> _INPUT FOR THIS TASK_

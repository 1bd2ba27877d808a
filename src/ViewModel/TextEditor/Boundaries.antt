-- ===== src/ViewModel/TextEditor/Boundaries.antt =====
-- The boundaries of code points in encoded text.
use lora_messenger.Common.{
  ℕ, zero, suc, ◌+◌, ◌-◌, ◌/◌, ◌%◌, ◌<◌, ◌≤◌, ◌≡◌, refl, sym, ap, ◌∙◌, true, false, Bool-cases, inl,
  inr, List, [], ◌∷◌, ◌++◌, length, drop, get_or, ltb, nat_eq, All, arith,
}
use lora_messenger.Core.Text.Utf8.{IsScalar, encode_utf8, encode_text}
use lora_messenger.ViewModel.TextEditor.{
  is_continuation, encoded_bytes, previous_loop, previous_boundary, next_loop, next_boundary,
}

-- One leading byte, and continuations behind it.
pub record IsCharacter (bytes : List ℕ) : Type 0 where
  pub first : ℕ
  pub rest : List ℕ
  pub split : bytes ≡ first ∷ rest
  pub leads : is_continuation first ≡ false
  pub continues : All (λ b. is_continuation b ≡ true) rest

pub encode_utf8-IsCharacter : (c : ℕ) → IsScalar c → IsCharacter (encode_utf8 c)
unfolding encode_utf8 is_continuation
encode_utf8-IsCharacter c h = elim (Bool-cases (ltb c 0x80)) [
  | inl one ↦
      rw one
        (record { first = c; rest = []; split = refl; leads = ground (arith, one); continues = tt })
  | inr more ↦ elim (Bool-cases (ltb c 0x800)) [
    | inl two ↦
        rw (more, two)
          (record {
            first = 0xc0 + c / 64;
            rest = (0x80 + c % 64) ∷ [];
            split = refl;
            leads = ground (arith, more, two);
            continues = (ground arith, tt);
          })
    | inr other ↦ elim (Bool-cases (ltb c 0x10000)) [
      | inl three ↦
          rw (more, other, three)
            (record {
              first = 0xe0 + c / 4096;
              rest = (0x80 + c / 64 % 64) ∷ (0x80 + c % 64) ∷ [];
              split = refl;
              leads = ground (arith, other, three);
              continues = (ground arith, (ground arith, tt));
            })
      | inr four ↦
          rw (more, other, four)
            (record {
              first = 0xf0 + c / 262144;
              rest = (0x80 + c / 4096 % 64) ∷ (0x80 + c / 64 % 64) ∷ (0x80 + c % 64) ∷ [];
              split = refl;
              leads = ground (arith, h, four);
              continues = (ground arith, (ground arith, (ground arith, tt)));
            })
    ]
  ]
]

-- The editor's own encoder writes what the scanner reads, and nothing for what is no scalar value.
pub encoded_bytes-encode_utf8 : (c : ℕ) → IsScalar c → encoded_bytes c ≡ encode_utf8 c
unfolding encoded_bytes encode_utf8
encoded_bytes-encode_utf8 c h = ground (arith, h)

get_or-append : (xs ys : List ℕ) (k : ℕ) → get_or (xs ++ ys) (length xs + k) 0 ≡ get_or ys k 0
get_or-append [] ys k = let e : 0 + k ≡ k = omega arith in rw e refl
get_or-append (x ∷ xs) ys k =
    let e : suc (length xs) + k ≡ suc (length xs + k) = omega arith in rw e (get_or-append xs ys k)

continues-get_or :
    (rest after : List ℕ) (k : ℕ)
    → All (λ b. is_continuation b ≡ true) rest
    → k < length rest
    → is_continuation (get_or (rest ++ after) k 0) ≡ true
continues-get_or [] after k h l = absurd (omega arith)
continues-get_or (b ∷ rest) after zero h l = h.0
continues-get_or (b ∷ rest) after (suc k) h l = continues-get_or rest after k h.1 (omega arith)

previous_loop-stop :
    (text : List ℕ) (offset : ℕ)
    → is_continuation (get_or text offset 0) ≡ false
    → previous_loop text offset ≡ offset
unfolding previous_loop
previous_loop-stop text zero h = refl
previous_loop-stop text (suc offset) h = rw h refl

previous_loop-back :
    (text : List ℕ) (offset : ℕ)
    → is_continuation (get_or text (suc offset) 0) ≡ true
    → previous_loop text (suc offset) ≡ previous_loop text offset
unfolding previous_loop
previous_loop-back text offset h = rw h refl

module _ (before : List ℕ) (first : ℕ) (rest after : List ℕ) (leads : is_continuation first ≡ false)
    (continues : All (λ b. is_continuation b ≡ true) rest) where
  abbrev text : List ℕ
  text = before ++ (first ∷ (rest ++ after))

  previous_loop-character :
      (k : ℕ) → k ≤ length rest → previous_loop text (length before + k) ≡ length before
  previous_loop-character zero h =
      let e : length before + 0 ≡ length before = omega arith in
      previous_loop-stop text (length before + 0)
        (ap is_continuation (get_or-append before (first ∷ (rest ++ after)) 0) ∙ leads)
      ∙ e
  previous_loop-character (suc k) h =
      let e : length before + suc k ≡ suc (length before + k) = omega arith in
      ap (previous_loop text) e
      ∙ previous_loop-back text (length before + k) (
          ap (λ (n : ℕ). is_continuation (get_or text n 0)) (sym e)
          ∙ ap is_continuation (get_or-append before (first ∷ (rest ++ after)) (suc k))
          ∙ continues-get_or rest after k continues (omega arith))
      ∙ previous_loop-character k (omega arith)

  -- From behind a character, the boundary before is in front of it.
  pub previous_boundary-character :
      previous_boundary text (length before + suc (length rest)) ≡ length before
  unfolding previous_boundary
  previous_boundary-character =
      let e : length before + suc (length rest) - 1 ≡ length before + length rest = omega arith in
      ap (previous_loop text) e ∙ previous_loop-character (length rest) (omega arith)

next_loop-continues :
    (rest after : List ℕ) (offset : ℕ)
    → All (λ b. is_continuation b ≡ true) rest
    → ((n : ℕ) → next_loop after n ≡ n)
    → next_loop (rest ++ after) offset ≡ offset + length rest
unfolding next_loop
next_loop-continues [] after offset h stop = stop offset ∙ omega arith
next_loop-continues (b ∷ rest) after offset h stop =
    rw h.0 (next_loop-continues rest after (offset + 1) h.1 stop ∙ omega arith)

drop-more :
    (before : List ℕ) (first : ℕ) (more : List ℕ)
    → drop (length before + 1) (before ++ (first ∷ more)) ≡ more
drop-more [] first more = refl
drop-more (b ∷ before) first more =
    let e : suc (length before) + 1 ≡ suc (length before + 1) = omega arith in
    rw e (drop-more before first more)

-- From in front of a character, the next boundary is behind it.
pub next_boundary-character :
    (before : List ℕ) (first : ℕ) (rest after : List ℕ)
    → All (λ b. is_continuation b ≡ true) rest
    → ((n : ℕ) → next_loop after n ≡ n)
    → next_boundary (before ++ (first ∷ (rest ++ after))) (length before)
      ≡ length before + suc (length rest)
unfolding next_boundary
next_boundary-character before first rest after continues stop =
    ap (λ (xs : List ℕ). next_loop xs (length before + 1)) (drop-more before first (rest ++ after))
    ∙ next_loop-continues rest after (length before + 1) continues stop
    ∙ omega arith

-- Encoded text does not begin in the middle of a character.
pub next_loop-encode_text :
    (cs : List ℕ) → All IsScalar cs → (n : ℕ) → next_loop (encode_text cs) n ≡ n
unfolding encode_text next_loop
next_loop-encode_text [] h n = refl
next_loop-encode_text (c ∷ cs) h n =
    let v = encode_utf8-IsCharacter c h.0 in
    ap (λ (bytes : List ℕ). next_loop (bytes ++ encode_text cs) n) v.split
    ∙ first_stops v.first (v.rest ++ encode_text cs) n v.leads
  where
    first_stops :
        (first : ℕ) (more : List ℕ) (n : ℕ)
        → is_continuation first ≡ false
        → next_loop (first ∷ more) n ≡ n
    first_stops first more n e = rw e refl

> _WHAT IS REQUIRED_
Give back all the records exactly as they stand.

> _EXERCISE OUTPUT_
repository 1bd2ba27877d808a
filename src/ViewModel/TextEditor/Boundaries.antt
-- ===== src/ViewModel/TextEditor/Boundaries.antt =====
-- The boundaries of code points in encoded text.
use lora_messenger.Common.{
  ℕ, zero, suc, ◌+◌, ◌-◌, ◌/◌, ◌%◌, ◌<◌, ◌≤◌, ◌≡◌, refl, sym, ap, ◌∙◌, true, false, Bool-cases, inl,
  inr, List, [], ◌∷◌, ◌++◌, length, drop, get_or, ltb, nat_eq, All, arith,
}
use lora_messenger.Core.Text.Utf8.{IsScalar, encode_utf8, encode_text}
use lora_messenger.ViewModel.TextEditor.{
  is_continuation, encoded_bytes, previous_loop, previous_boundary, next_loop, next_boundary,
}

-- One leading byte, and continuations behind it.
pub record IsCharacter (bytes : List ℕ) : Type 0 where
  pub first : ℕ
  pub rest : List ℕ
  pub split : bytes ≡ first ∷ rest
  pub leads : is_continuation first ≡ false
  pub continues : All (λ b. is_continuation b ≡ true) rest

pub encode_utf8-IsCharacter : (c : ℕ) → IsScalar c → IsCharacter (encode_utf8 c)
unfolding encode_utf8 is_continuation
encode_utf8-IsCharacter c h = elim (Bool-cases (ltb c 0x80)) [
  | inl one ↦
      rw one
        (record { first = c; rest = []; split = refl; leads = ground (arith, one); continues = tt })
  | inr more ↦ elim (Bool-cases (ltb c 0x800)) [
    | inl two ↦
        rw (more, two)
          (record {
            first = 0xc0 + c / 64;
            rest = (0x80 + c % 64) ∷ [];
            split = refl;
            leads = ground (arith, more, two);
            continues = (ground arith, tt);
          })
    | inr other ↦ elim (Bool-cases (ltb c 0x10000)) [
      | inl three ↦
          rw (more, other, three)
            (record {
              first = 0xe0 + c / 4096;
              rest = (0x80 + c / 64 % 64) ∷ (0x80 + c % 64) ∷ [];
              split = refl;
              leads = ground (arith, other, three);
              continues = (ground arith, (ground arith, tt));
            })
      | inr four ↦
          rw (more, other, four)
            (record {
              first = 0xf0 + c / 262144;
              rest = (0x80 + c / 4096 % 64) ∷ (0x80 + c / 64 % 64) ∷ (0x80 + c % 64) ∷ [];
              split = refl;
              leads = ground (arith, h, four);
              continues = (ground arith, (ground arith, (ground arith, tt)));
            })
    ]
  ]
]

-- The editor's own encoder writes what the scanner reads, and nothing for what is no scalar value.
pub encoded_bytes-encode_utf8 : (c : ℕ) → IsScalar c → encoded_bytes c ≡ encode_utf8 c
unfolding encoded_bytes encode_utf8
encoded_bytes-encode_utf8 c h = ground (arith, h)

get_or-append : (xs ys : List ℕ) (k : ℕ) → get_or (xs ++ ys) (length xs + k) 0 ≡ get_or ys k 0
get_or-append [] ys k = let e : 0 + k ≡ k = omega arith in rw e refl
get_or-append (x ∷ xs) ys k =
    let e : suc (length xs) + k ≡ suc (length xs + k) = omega arith in rw e (get_or-append xs ys k)

continues-get_or :
    (rest after : List ℕ) (k : ℕ)
    → All (λ b. is_continuation b ≡ true) rest
    → k < length rest
    → is_continuation (get_or (rest ++ after) k 0) ≡ true
continues-get_or [] after k h l = absurd (omega arith)
continues-get_or (b ∷ rest) after zero h l = h.0
continues-get_or (b ∷ rest) after (suc k) h l = continues-get_or rest after k h.1 (omega arith)

previous_loop-stop :
    (text : List ℕ) (offset : ℕ)
    → is_continuation (get_or text offset 0) ≡ false
    → previous_loop text offset ≡ offset
unfolding previous_loop
previous_loop-stop text zero h = refl
previous_loop-stop text (suc offset) h = rw h refl

previous_loop-back :
    (text : List ℕ) (offset : ℕ)
    → is_continuation (get_or text (suc offset) 0) ≡ true
    → previous_loop text (suc offset) ≡ previous_loop text offset
unfolding previous_loop
previous_loop-back text offset h = rw h refl

module _ (before : List ℕ) (first : ℕ) (rest after : List ℕ) (leads : is_continuation first ≡ false)
    (continues : All (λ b. is_continuation b ≡ true) rest) where
  abbrev text : List ℕ
  text = before ++ (first ∷ (rest ++ after))

  previous_loop-character :
      (k : ℕ) → k ≤ length rest → previous_loop text (length before + k) ≡ length before
  previous_loop-character zero h =
      let e : length before + 0 ≡ length before = omega arith in
      previous_loop-stop text (length before + 0)
        (ap is_continuation (get_or-append before (first ∷ (rest ++ after)) 0) ∙ leads)
      ∙ e
  previous_loop-character (suc k) h =
      let e : length before + suc k ≡ suc (length before + k) = omega arith in
      ap (previous_loop text) e
      ∙ previous_loop-back text (length before + k) (
          ap (λ (n : ℕ). is_continuation (get_or text n 0)) (sym e)
          ∙ ap is_continuation (get_or-append before (first ∷ (rest ++ after)) (suc k))
          ∙ continues-get_or rest after k continues (omega arith))
      ∙ previous_loop-character k (omega arith)

  -- From behind a character, the boundary before is in front of it.
  pub previous_boundary-character :
      previous_boundary text (length before + suc (length rest)) ≡ length before
  unfolding previous_boundary
  previous_boundary-character =
      let e : length before + suc (length rest) - 1 ≡ length before + length rest = omega arith in
      ap (previous_loop text) e ∙ previous_loop-character (length rest) (omega arith)

next_loop-continues :
    (rest after : List ℕ) (offset : ℕ)
    → All (λ b. is_continuation b ≡ true) rest
    → ((n : ℕ) → next_loop after n ≡ n)
    → next_loop (rest ++ after) offset ≡ offset + length rest
unfolding next_loop
next_loop-continues [] after offset h stop = stop offset ∙ omega arith
next_loop-continues (b ∷ rest) after offset h stop =
    rw h.0 (next_loop-continues rest after (offset + 1) h.1 stop ∙ omega arith)

drop-more :
    (before : List ℕ) (first : ℕ) (more : List ℕ)
    → drop (length before + 1) (before ++ (first ∷ more)) ≡ more
drop-more [] first more = refl
drop-more (b ∷ before) first more =
    let e : suc (length before) + 1 ≡ suc (length before + 1) = omega arith in
    rw e (drop-more before first more)

-- From in front of a character, the next boundary is behind it.
pub next_boundary-character :
    (before : List ℕ) (first : ℕ) (rest after : List ℕ)
    → All (λ b. is_continuation b ≡ true) rest
    → ((n : ℕ) → next_loop after n ≡ n)
    → next_boundary (before ++ (first ∷ (rest ++ after))) (length before)
      ≡ length before + suc (length rest)
unfolding next_boundary
next_boundary-character before first rest after continues stop =
    ap (λ (xs : List ℕ). next_loop xs (length before + 1)) (drop-more before first (rest ++ after))
    ∙ next_loop-continues rest after (length before + 1) continues stop
    ∙ omega arith

-- Encoded text does not begin in the middle of a character.
pub next_loop-encode_text :
    (cs : List ℕ) → All IsScalar cs → (n : ℕ) → next_loop (encode_text cs) n ≡ n
unfolding encode_text next_loop
next_loop-encode_text [] h n = refl
next_loop-encode_text (c ∷ cs) h n =
    let v = encode_utf8-IsCharacter c h.0 in
    ap (λ (bytes : List ℕ). next_loop (bytes ++ encode_text cs) n) v.split
    ∙ first_stops v.first (v.rest ++ encode_text cs) n v.leads
  where
    first_stops :
        (first : ℕ) (more : List ℕ) (n : ℕ)
        → is_continuation first ≡ false
        → next_loop (first ∷ more) n ≡ n
    first_stops first more n e = rw e refl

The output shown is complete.